Audio Pulse Epic 8 is another little monster sub you could look into.


----------



## AUDIO_BASSICS (Mar 21, 2009)

timelord9 said:


> http://www.diymobileaudio.com/forum/spl-science/68510-spl-8s-150-db.html


I WANT THESE NOW!!!!!!!!


----------



## AUDIO_BASSICS (Mar 21, 2009)

cubdenno said:


> DD 1508
> 
> get a hold of pwkdesigns.com and order a box design.
> 
> he has become Digital designs go to guy for designs.

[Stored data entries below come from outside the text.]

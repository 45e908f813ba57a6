-- ===== src/Relay/Process/Requests.antt =====
-- The packets that the db-service asks for: `UnmarshalJSON` of attestor/chainService/chain/types.go
-- reads a request, and `consumeMissedPackets` and `processPacket` of
-- attestor/chainService/relay/relays.go answer it.
use verulink.Base.{
  Error, err, inl, inr, Option-cases, Result-cases, ℕ, ◌≡◌, refl, ap, ◌∙◌, or_panic, true, List, [],
  ◌∷◌, Bytes, Option, none, some, Result, ok, panics, lookup, ◌>>=◌,
}
use verulink.Chain.{
  Packet, MissedPacket, MissedPacketText, unmarshal_json, set_missed, nullable_string,
}
use verulink.Chain.BigInt.{ℤ, big_string, set_string-big_string}
use verulink.Store.Bolt.{Bolt}
use verulink.Store.Bolt.Entries.{Entry}
use verulink.Relay.Digest.{Digest}
use verulink.Relay.Screener.{namespace, screen}
use verulink.Relay.Process.{Services, consume_missed_packet, sent_or_logged}
use verulink.Relay.Process.Laws.{run, process_missed_sends_nothing}

abbrev pub Clients : Type 0
Clients = List (Bytes × (MissedPacket → Result Packet))

-- A request with its chain ids in decimal text, and what it stands for.
abbrev pub request_text : ℤ → ℤ → ℕ → ℕ → Bytes → MissedPacketText
request_text target source seq_num height txn_id = record {
  target_chain_id = big_string target;
  source_chain_id = big_string source;
  seq_num = seq_num;
  height = height;
  txn_id = txn_id;
}

abbrev pub request : ℤ → ℤ → ℕ → ℕ → Bytes → MissedPacket
request target source seq_num height txn_id = record {
  target_chain_id = some target;
  source_chain_id = some source;
  seq_num = seq_num;
  height = height;
  txn_id = txn_id;
}

-- The packets that are sent on for the data of a request.
abbrev pub answered : Clients → MissedPacketText → Result (List Packet)
answered clients text = do missed ← unmarshal_json (ok text); consume_missed_packet clients missed

-- What comes of a request, told by the client that is asked and by its answer.
pub data IsAnswer (found : Option (MissedPacket → Result Packet)) (missed : MissedPacket)
    (answer : Result (List Packet)) : Type 0 where
  no_client : found ≡ none → answer ≡ panics → IsAnswer found missed answer
  sent_on :
      (get_missed_packet : MissedPacket → Result Packet) (pkt : Packet)
      → found ≡ some get_missed_packet
      → get_missed_packet missed ≡ ok pkt
      → answer ≡ ok (record pkt { is_missed = true } ∷ [])
      → IsAnswer found missed answer
  only_logged :
      (get_missed_packet : MissedPacket → Result Packet) (e : Error)
      → found ≡ some get_missed_packet
      → get_missed_packet missed ≡ err e
      → answer ≡ ok []
      → IsAnswer found missed answer
  client_panics :
      (get_missed_packet : MissedPacket → Result Packet)
      → found ≡ some get_missed_packet
      → get_missed_packet missed ≡ panics
      → answer ≡ panics
      → IsAnswer found missed answer

asked_lem :
    (clients : Clients) (target source : ℤ) (seq_num height : ℕ) (txn_id : Bytes)
    → answered clients (request_text target source seq_num height txn_id) ≡ (
        or_panic (lookup (big_string source) clients) >>= λ get_missed_packet.
        sent_or_logged (get_missed_packet (request target source seq_num height txn_id)))
unfolding unmarshal_json consume_missed_packet nullable_string
asked_lem clients target source seq_num height txn_id =
    rw (set_string-big_string target, set_string-big_string source) refl

-- A request whose chain ids stand in decimal text is put to the client of its source chain, with
-- the chain ids, the number, the height and the transaction that it names. A packet that this
-- client finds is sent on, marked as missed; where it returns an error nothing is sent on; and
-- where it panics, or no client has the id, there is a panic.
pub answered-IsAnswer :
    (clients : Clients) (target source : ℤ) (seq_num height : ℕ) (txn_id : Bytes)
    → IsAnswer
        (lookup (big_string source) clients)
        (request target source seq_num height txn_id)
        (answered clients (request_text target source seq_num height txn_id))
unfolding set_missed
answered-IsAnswer clients target source seq_num height txn_id =
    let missed : MissedPacket = request target source seq_num height txn_id in
    let asked = asked_lem clients target source seq_num height txn_id in
    elim (Option-cases (lookup (big_string source) clients)) [
      | inl absent ↦ no_client absent (asked ∙ rw absent refl)
      | inr (get, found) ↦ elim (Result-cases (get missed)) [
        | inl (pkt, e) ↦ sent_on get pkt found e (asked ∙ rw (found, e) refl)
        | inr (inl (x, e)) ↦ only_logged get x found e (asked ∙ rw (found, e) refl)
        | inr (inr e) ↦ client_panics get found e (asked ∙ rw (found, e) refl)
      ]
    ]

-- A packet that the db-service asks for and the client of its source chain finds is sent on once,
-- marked as missed; and processing it puts it on no channel and leaves the store as the screening
-- left it, whatever the services answer. The chain of the packet has a client, and the screener its
-- bucket.
pub answered_once :
    (bolt : Bolt) (digest : Digest) (names : List (Bytes × Bytes)) (services : Services)
    (clients : Clients) (target source : ℤ) (seq_num height : ℕ) (txn_id : Bytes)
    (get_missed_packet : MissedPacket → Result Packet) (pkt : Packet) (name : Bytes) (db : bolt.Db)
    (es : List Entry)
    → lookup (big_string source) clients ≡ some get_missed_packet
    → get_missed_packet (request target source seq_num height txn_id) ≡ ok pkt
    → lookup (big_string pkt.source.chain_id) names ≡ some name
    → bolt.bucket db namespace ≡ some es
    → (answered clients (request_text target source seq_num height txn_id)
        ≡ ok (set_missed pkt true ∷ []))
      × ((run bolt digest names services (set_missed pkt true) db).sent ≡ [])
      × ((run bolt digest names services (set_missed pkt true) db).db
          ≡ (screen bolt digest (set_missed pkt true) db).1)
unfolding set_missed
answered_once bolt digest names services clients target source seq_num height txn_id
      get_missed_packet pkt name db es found answer known there =
    let asked : answered clients (request_text target source seq_num height txn_id)
        ≡ sent_or_logged (get_missed_packet (request target source seq_num height txn_id)) =
      asked_lem clients target source seq_num height txn_id ∙ rw found refl in
    let (nothing, same) =
      process_missed_sends_nothing bolt digest names services (set_missed pkt true) name known db es
        there refl in
    (asked ∙ ap sent_or_logged answer, nothing, same)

I tried these before the sq wasnt that great but they got loud!!


----------



## AUDIO_BASSICS (Mar 21, 2009)

El Flaco said:


> Audio Pulse Epic 8 is another little monster sub you could look into.


how much are there???


----------



## KAPendley (Nov 19, 2007)

AUDIO_BASSICS said:


> I tried these before the sq wasnt that great but they got loud!!

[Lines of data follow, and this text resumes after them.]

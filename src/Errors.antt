-- ===== src/Errors.antt =====
-- The messages of `StockError` (wms/domain/stock.py, wms/domain/orders.py), one constructor for
-- each text that is raised, and the one other error that the modelled operations let through.
use asf_wms.Prelude.{ℕ}

-- The errors of `build_packing_bins` (wms/scan_pack_helpers.py), with the product named.
pub data PackError : Type 0 where
  size_required : PackError
  measures_missing too_heavy too_large : ℕ → PackError

pub data StockError : Type 0 where
  invalid_quantity null_quantity : StockError
  insufficient_for_adjustment reserved_stock already_at_location : StockError
  -- "Stock insuffisant: {available_total} disponible(s)."
  insufficient_stock : ℕ → StockError
  -- "{line.product.name}: stock insuffisant ({available_total})."
  insufficient_for_line : ℕ → ℕ → StockError
  product_required location_required carton_code_conflict : StockError
  product_missing location_missing receipt_missing carton_missing shipment_missing : StockError
  line_already_received receipt_cancelled reception_location_required : StockError
  carton_shipped shipment_disputed shipment_shipped carton_linked_elsewhere : StockError
  kit_cycle kit_empty component_missing carton_empty : StockError
  -- Django's `TransactionManagementError`: a query after a failed write in an atomic block.
  transaction_broken : StockError
  order_locked order_not_reserved shipment_locked : StockError
  release_insufficient reservation_insufficient : StockError
  format_missing line_missing : StockError
  packing_refused : PackError → StockError
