-- ===== src/Stock/Model.antt =====
-- The rows of the stock tables (wms/models_domain/inventory.py, wms/models_domain/shipment.py).
pub use asf_wms.Text.{Text}
use asf_wms.Prelude.{
  ℕ, ◌==◌, ℤ, pos, ◌≡◌, is_some, if◌then◌else◌, ◌+ℤ◌, ◌-ℤ◌, Option, List, [], ◌∷◌, Bool,
}

pub data ProductLotStatus : Type 0 where
  quarantined available hold expired : ProductLotStatus

pub data MovementType : Type 0 where
  incoming outgoing transfer adjust precondition unpack : MovementType

pub record ProductLot : Type 0 where
  pub id : ℕ
  pub product : ℕ
  pub lot_code : Text
  pub expires_on : Option ℕ
  pub received_on : Option ℕ
  pub status : ProductLotStatus
  pub quantity_on_hand : ℤ
  pub quantity_reserved : ℤ
  pub location : ℕ
  pub source_receipt : Option ℕ
  pub storage_conditions : Text

pub record StockMovement : Type 0 where
  pub movement_type : MovementType
  pub product : ℕ
  pub product_lot : ℕ
  pub quantity : ℤ
  pub from_location : Option ℕ
  pub to_location : Option ℕ
  pub reason_code : Text
  pub reason_notes : Text
  pub related_carton : Option ℕ
  pub related_shipment : Option ℕ
  pub created_by : Option ℕ

-- The part of the product that stock operations read.
pub record Product : Type 0 where
  pub id : ℕ
  pub quarantine_default : Bool
  pub storage_conditions : Text
  pub default_location : Option ℕ

pub record Stock : Type 0 where
  pub lots : List ProductLot
  pub movements : List StockMovement
  -- the next primary key of the lot table
  pub next_lot : ℕ

abbrev pub lot_pk : ProductLot → ℕ
lot_pk l = l.id

-- `lot.quantity_on_hand - lot.quantity_reserved`
abbrev pub available_quantity : ProductLot → ℤ
available_quantity l = l.quantity_on_hand -ℤ l.quantity_reserved

abbrev pub is_available : ProductLotStatus → Bool
is_available available = Bool.true
is_available _ = Bool.false

-- The physical stock over all lots.
abbrev pub total_on_hand : List ProductLot → ℤ
total_on_hand [] = pos 0
total_on_hand (l ∷ ls) = l.quantity_on_hand +ℤ total_on_hand ls

-- The physical stock of a product.
abbrev pub on_hand_of : ℕ → List ProductLot → ℤ
on_hand_of p [] = pos 0
on_hand_of p (l ∷ ls) = (if l.product == p then l.quantity_on_hand else pos 0) +ℤ on_hand_of p ls

-- The reserved stock of a product.
abbrev pub reserved_of : ℕ → List ProductLot → ℤ
reserved_of p [] = pos 0
reserved_of p (l ∷ ls) = (if l.product == p then l.quantity_reserved else pos 0) +ℤ reserved_of p ls

-- What a movement adds to the physical stock: its quantity where it has a destination, less its
-- quantity where it has a source. A transfer has both.
abbrev pub effect : StockMovement → ℤ
effect m =
    (if is_some m.to_location then m.quantity else pos 0)
    -ℤ (if is_some m.from_location then m.quantity else pos 0)

-- The physical stock that the ledger accounts for.
abbrev pub ledger_total : List StockMovement → ℤ
ledger_total [] = pos 0
ledger_total (m ∷ ms) = effect m +ℤ ledger_total ms

-- An operation that went from one state to another has entered in the ledger all that it did to
-- the quantities on hand.
abbrev pub Accounts : Stock → Stock → Type 0
Accounts s s' =
    total_on_hand s'.lots +ℤ ledger_total s.movements
    ≡ total_on_hand s.lots +ℤ ledger_total s'.movements
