-- ===== src/Stock.antt =====
-- Stock lots and the ledger of movements (wms/models_domain/inventory.py, the lot part, and
-- wms/models_domain/shipment.py, `MovementType` and `StockMovement`).
-- Quantities are database integers, so lots count in ℤ. Dates are day numbers. A text is its list
-- of code points. A table is its list of rows; the ledger has its newest entry first.
mod Model
pub mod Receive
pub mod Adjust
pub mod Consume
pub use Model.*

The 1508's that I have heard in a Joey built box were the most accurate, fast moving, and loudest 8's that I have EVER heard.


----------



## 12vTools (Jan 15, 2009)

Dude the DD 1508 has awesome SQ,, in the right box.


----------



## 12vTools (Jan 15, 2009)

Hi my name's Joey


----------



## ggk (Sep 5, 2008)

If you put some of those DD1508's in a pwk box you will not be disappointed with the sound quality if you put SQL as what you want.


----------



## AUDIO_BASSICS (Mar 21, 2009)

g0a said:


> Hi my name's Joey


ok so the space i have is behind the seat in a 87 monte would 2 or 3 work there and get crazy loud


----------



## KAPendley (Nov 19, 2007)

I love watching Joey build his boxes. The bracing (when required) is outlandish.

Love listening to them even more.


----------



## icetwister68 (Jun 24, 2009)

Soundsplinter Rl-i8 or the orphans for cheap


----------



## AUDIO_BASSICS (Mar 21, 2009)

icetwister68 said:


> Soundsplinter Rl-i8 or the orphans for cheap


how much are they???


----------